_INSTRUCTIONS TO FOLLOW_:
Word for word, transcribe the data below from the line with "abbrev pub split_off : ℕ → Block → Block" to the line with "let rest = take_first size bs in", keeping both of those lines.

_MATERIAL FOR THE TASK_:
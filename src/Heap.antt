-- ===== src/Heap.antt =====
-- The kernel heap of kernel/util.c (`kmalloc`, `kfree`): the list of blocks from `heap_head` on. A
-- block with a wrong magic number, which stops the kernel, and messages are left out.
pub mod Tiling
pub mod Large
mod Tests
use siathos.Prelude.{
  ℕ, zero, suc, ◌+◌, ◌-◌, ◌*◌, ◌^◌, Bool, true, false, not, ◌&&◌, ◌||◌, Option, none, some, List,
  [], ◌∷◌, ◌++◌, leb, ◌==◌, if◌then◌else◌, modify, find_slot, ◌%◌, ◌/◌,
}

-- `sizeof(heap_node_t)`
abbrev pub header : ℕ
header = 32

abbrev pub word : ℕ
word = 2 ^ 64

-- `heap_node_t` at the address `addr`
pub record Block : Type 0 where
  pub addr : ℕ
  pub size : ℕ
  pub free : Bool

pub record Heap : Type 0 where
  pub blocks : List Block
  pub ready : Bool

-- `pages` is what `pmm_alloc(1024)` gives.
pub heap_init : Option ℕ → Heap → Heap
heap_init none h = h
heap_init (some p) h = record {
  blocks = record { addr = p; size = 1024 * 4096 - header; free = true } ∷ [];
  ready = true;
}

abbrev pub round_up : ℕ → ℕ
round_up size = (size + 15) % word / 16 * 16

abbrev pub fits : ℕ → Block → Bool
fits size b = b.free && leb size b.size

abbrev pub is_split : ℕ → Block → Bool
is_split size b = leb ((size + header + 32) % word) b.size

abbrev pub split_off : ℕ → Block → Block
split_off size b = record {
  addr = b.addr + header + size;
  size = b.size - size - header;
  free = true;
}

abbrev pub taken : ℕ → Block → List Block → List Block
taken size b bs =
    if is_split size b
    then record b { size = size; free = false } ∷ split_off size b ∷ bs
    else record b { free = false } ∷ bs

abbrev pub behind : Block → Option (ℕ × List Block) → Option (ℕ × List Block)
behind b none = none
behind b (some (a, bs)) = some (a, b ∷ bs)

-- The first block that fits, and the list after it is taken.
pub take_first : ℕ → List Block → Option (ℕ × List Block)
take_first size [] = none
take_first size (b ∷ bs) =
    let rest = take_first size bs in
    if fits size b then some (b.addr + header, taken size b bs) else behind b rest

abbrev pub grown : ℕ → Heap → Heap
grown p h = record h {
  blocks = h.blocks ++ (record { addr = p; size = 256 * 4096 - header; free = true } ∷ []);
}

abbrev pub answer : Option (ℕ × List Block) → Heap → Option ℕ × Heap → Option ℕ × Heap
answer none h other = other
answer (some (a, bs)) h other = (some a, record h { blocks = bs })

-- `more` is what the calls of `pmm_alloc(256)` give before one fails.
pub kmalloc : List ℕ → ℕ → Heap → Option ℕ × Heap
kmalloc [] size h =
    if not h.ready || size == 0
    then (none, h)
    else answer (take_first (round_up size) h.blocks) h (none, h)
kmalloc (p ∷ more) size h =
    let rest = kmalloc more (round_up size) (grown p h) in
    if not h.ready || size == 0
    then (none, h)
    else answer (take_first (round_up size) h.blocks) h rest

abbrev pub merged : Block → Block → Block
merged b c = record b { size = (b.size + (header + c.size)) % word }

-- The second loop of `kfree`, at the block `b` with the rest of the list.
pub merge_from : Block → List Block → List Block
merge_from b [] = b ∷ []
merge_from b (c ∷ cs) =
    let rest = merge_from (if b.free && c.free then merged b c else c) cs in
    if b.free && c.free then rest else b ∷ rest

abbrev pub merge_all : List Block → List Block
merge_all [] = []
merge_all (b ∷ bs) = merge_from b bs

abbrev pub is_at : ℕ → Block → Bool
is_at ptr b = b.addr + header == ptr

abbrev pub free_at : Option (ℕ × Block) → Heap → Heap
free_at none h = h
free_at (some (i, _)) h = record h {
  blocks = merge_all (modify h.blocks i (λ b. record b { free = true }));
}

pub kfree : ℕ → Heap → Heap
kfree ptr h = if ptr == 0 then h else free_at (find_slot (is_at ptr) h.blocks) h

_WRITTEN SOLUTION_:
abbrev pub split_off : ℕ → Block → Block
split_off size b = record {
  addr = b.addr + header + size;
  size = b.size - size - header;
  free = true;
}

abbrev pub taken : ℕ → Block → List Block → List Block
taken size b bs =
    if is_split size b
    then record b { size = size; free = false } ∷ split_off size b ∷ bs
    else record b { free = false } ∷ bs

abbrev pub behind : Block → Option (ℕ × List Block) → Option (ℕ × List Block)
behind b none = none
behind b (some (a, bs)) = some (a, b ∷ bs)

-- The first block that fits, and the list after it is taken.
pub take_first : ℕ → List Block → Option (ℕ × List Block)
take_first size [] = none
take_first size (b ∷ bs) =
    let rest = take_first size bs in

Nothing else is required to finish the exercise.